Editorial, Endocrinol Diabetes Res Vol: 11 Issue: 5
Incretin-Based Therapies: Advances in the Management of Type 2 Diabetes
Dr. Samuel Johnson*
Dept. of Therapeutic Endocrinology, Midwestern Health University, USA
- *Corresponding Author:
- Dr. Samuel Johnson
Dept. of Therapeutic Endocrinology, Midwestern Health University, USA
E-mail: s.johnson@mhu. edu
Received: 01-Oct-2025, Manuscript No. ecdr-26-182693; Editor assigned: 4- Oct -2025, Pre-QC No. ecdr-26-182693 (PQ); Reviewed: 19- Oct -2025, ecdr-26-182693; Revised: 25- Oct -2025, Manuscript No. ecdr-26-182693 (R); Published: 31- Oct -2025, DOI: 10.4172/2324-8777.1000446
Citation: Samuel J (2025) Incretin-Based Therapies: Advances in the Management of Type 2 Diabetes. Endocrinol Diabetes Res 11:446
Introduction
Incretin-based therapies represent a significant advancement in the treatment of type 2 diabetes mellitus (T2DM), targeting the hormonal pathways that regulate postprandial glucose homeostasis. Incretins are gut-derived hormones, primarily glucagon-like peptide-1 (GLP-1) and glucose-dependent insulinotropic polypeptide (GIP), which enhance insulin secretion in a glucose-dependent manner, suppress glucagon release, and slow gastric emptying. These mechanisms make incretin-based therapies highly effective in improving glycemic control while minimizing the risk of hypoglycemia, offering an important alternative to traditional oral antidiabetic agents.
Discussion
Two main classes of incretin-based therapies are currently in clinical use: GLP-1 receptor agonists (GLP-1 RAs) and dipeptidyl peptidase-4 (DPP-4) inhibitors. GLP-1 RAs, such as exenatide and liraglutide, mimic the effects of endogenous GLP-1 by activating GLP-1 receptors on pancreatic beta cells and other tissues. These agents enhance glucose-stimulated insulin secretion, suppress inappropriate glucagon secretion, delay gastric emptying, and promote satiety, often resulting in weight loss. GLP-1 RAs also exhibit cardiovascular benefits, reducing major adverse cardiovascular events in patients with established cardiovascular disease.
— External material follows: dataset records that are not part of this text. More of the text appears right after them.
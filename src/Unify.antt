-- ===== src/Unify.antt =====
-- hgext/unifyrepo/__init__.py: `unifyrepo`, which makes one repository of several.
pub mod Settings
pub mod Collect
pub mod Choose
pub mod Pulls
pub mod Pushes
pub mod Earliest
pub mod Covers
pub mod Grouped
pub mod Ready
pub mod Recorded
pub mod Tests
use version_control_tools_fx.Base.{
  ℕ, zero, suc, Bool, true, false, not, List, [], ◌∷◌, ◌++◌, map, Option, none, some, Text, find,
  ltb, if◌then◌else◌,
}
use version_control_tools_fx.Base.Result.{Result, ok, err, abort, key_error, require, ◌>>=◌}
use version_control_tools_fx.Hooks.Roots.{member, is_empty}
use version_control_tools_fx.Pushlog.Db.{Db}
use version_control_tools_fx.Pushlog.Record.{Push, recordpushes}
use version_control_tools_fx.Pushlog.Lookup.{Repo, filter_rows}
use version_control_tools_fx.Pushlog.Select.{all_pushes}
use version_control_tools_fx.Pushlog.Query.{pushes}
use version_control_tools_fx.Unify.Settings.{Section, unifyconfig, sources}
use version_control_tools_fx.Unify.Collect.{SourceRepo, open_all, check_rev0s, collected, resolve}
use version_control_tools_fx.Unify.Choose.{choose, keep_nodes}
use version_control_tools_fx.Unify.Pulls.{Changelog, emitfastforwardnodes}
use version_control_tools_fx.Unify.Pushes.{UnifiedPush, unifypushes, newpushes}

-- What the command finds: the source repositories, the changelog of the staging repository once
-- all sources are pulled into it, what a pull of one head from it makes of the nodes of the
-- destination, what its pushlog is asked with, and whether vcsreplicator is loaded.
pub record World : Type 0 where
  pub repository : Text → Result SourceRepo
  pub stage : Changelog
  pub pull : Text → List Text → List Text
  pub repo : Repo
  pub has_vcsreplicator : Bool

-- The destination: its nodes by revision, its pushlog and its bookmarks, with what was changed of
-- these, and whether a message to replicate it was sent.
pub record Destination : Type 0 where
  pub log : List Text
  pub db : Db
  pub books : List Text
  pub changes : List (Text × Option Text)
  pub replicated : Bool

-- What the first half of the command works out.
pub record Plan : Type 0 where
  pub pullnodes : List Text
  pub unified : List UnifiedPush
  pub books : List (Text × Text)

unfoldable pub plan : World → List (Text × Section) → List Text → Result Plan
unfolding unifyconfig sources open_all check_rev0s collected choose keep_nodes filter_rows member
    emitfastforwardnodes unifypushes
plan w c log = do
  conf ← unifyconfig c
  ss ← sources conf
  srcs ← open_all w.repository ss
  rev0s ← check_rev0s [] srcs
  m ← collected srcs
  (sourcenodes, books) ← choose srcs []
  let kept = keep_nodes sourcenodes m
  pullnodes ← emitfastforwardnodes w.stage (filter_rows (λ e. not (member e.0 log)) kept)
  ok (record { pullnodes = pullnodes; unified = unifypushes kept; books = books })

-- `exchange.pull` for each node
unfoldable pub pull_all : World → List Text → List Text → List Text
pull_all w [] log = log
pull_all w (n ∷ ns) log = pull_all w ns (w.pull n log)

-- `destnodepushtime`, the last entry of a node first
unfoldable pub push_times : List Push → List (Text × ℕ) → List (Text × ℕ)
push_times [] times = times
push_times (p ∷ ps) times = push_times ps (map (λ n. (n, p.when)) p.nodes ++ times)

-- The revisions, from `rev` on, with a push that is older than that of the revision before.
unfoldable pub older_revs : List (Text × ℕ) → ℕ → ℕ → List Text → Result (List ℕ)
unfolding find
older_revs times rev last [] = ok []
older_revs times rev last (n ∷ ns) = do
  time ← require key_error (find n times)
  rest ← older_revs times (suc rev) time ns
  ok (if ltb time last then rev ∷ rest else rest)

-- What is written of the bookmarks: the new ones, and none for each that is no longer there.
unfoldable pub bookmark_changes : List (Text × Text) → List Text → List (Text × Option Text)
unfolding filter_rows member
bookmark_changes books old =
    map (λ b. (b.0, some b.1)) books
    ++ map (λ b. (b, none)) (filter_rows (λ b. not (member b (map (λ e. e.0) books))) old)

abbrev pub replicate : Bool → Bool → Destination → Destination × Result (Unit {0})
replicate true found d = (d, ok tt)
replicate false true d = (record d { replicated = true }, ok tt)
replicate false false d = (d, err abort)

-- Behind the pushlog: the check of the times, the bookmarks and the message.
unfoldable pub finish : World → Bool → Plan → Destination → Destination × Result (Unit {0})
unfolding pushes push_times older_revs bookmark_changes
finish w skip p d =
    elim (pushes w.repo all_pushes d.db >>= λ ps. older_revs (push_times ps []) 0 0 d.log) [
      | err e ↦ (d, err e)
      | ok older ↦
          replicate skip w.has_vcsreplicator
            (record d { changes = bookmark_changes p.books d.books })
    ]

-- The pushes are recorded in one transaction.
unfoldable pub record_pushes : World → Bool → Plan → Destination → Destination × Result (Unit {0})
unfolding newpushes recordpushes finish
record_pushes w skip p d =
    elim (newpushes w.repo p.unified d.db >>= λ ps. recordpushes (resolve d.log) ps d.db) [
      | err e ↦ (d, err e)
      | ok db ↦ finish w skip p (record d { db = db })
    ]

-- `unifyrepo`: the destination behind it, and whether it raised
unfoldable pub unifyrepo :
    World → Bool → List (Text × Section) → Destination → Destination × Result (Unit {0})
unfolding plan pull_all record_pushes
unifyrepo w skip c d = elim (plan w c d.log) [
  | err e ↦ (d, err e)
  | ok p ↦
      if is_empty p.pullnodes
      then (d, ok tt)
      else record_pushes w skip p (record d { log = pull_all w p.pullnodes d.log })
]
DPP-4 inhibitors, including sitagliptin and linagliptin, act by inhibiting the enzyme dipeptidyl peptidase-4, which rapidly degrades endogenous GLP-1 and GIP. By prolonging the half-life of these incretin hormones, DPP-4 inhibitors improve postprandial insulin secretion and reduce glucagon levels without causing significant weight change. They are generally well-tolerated and have a low risk of hypoglycemia, making them suitable for combination therapy with other antidiabetic agents.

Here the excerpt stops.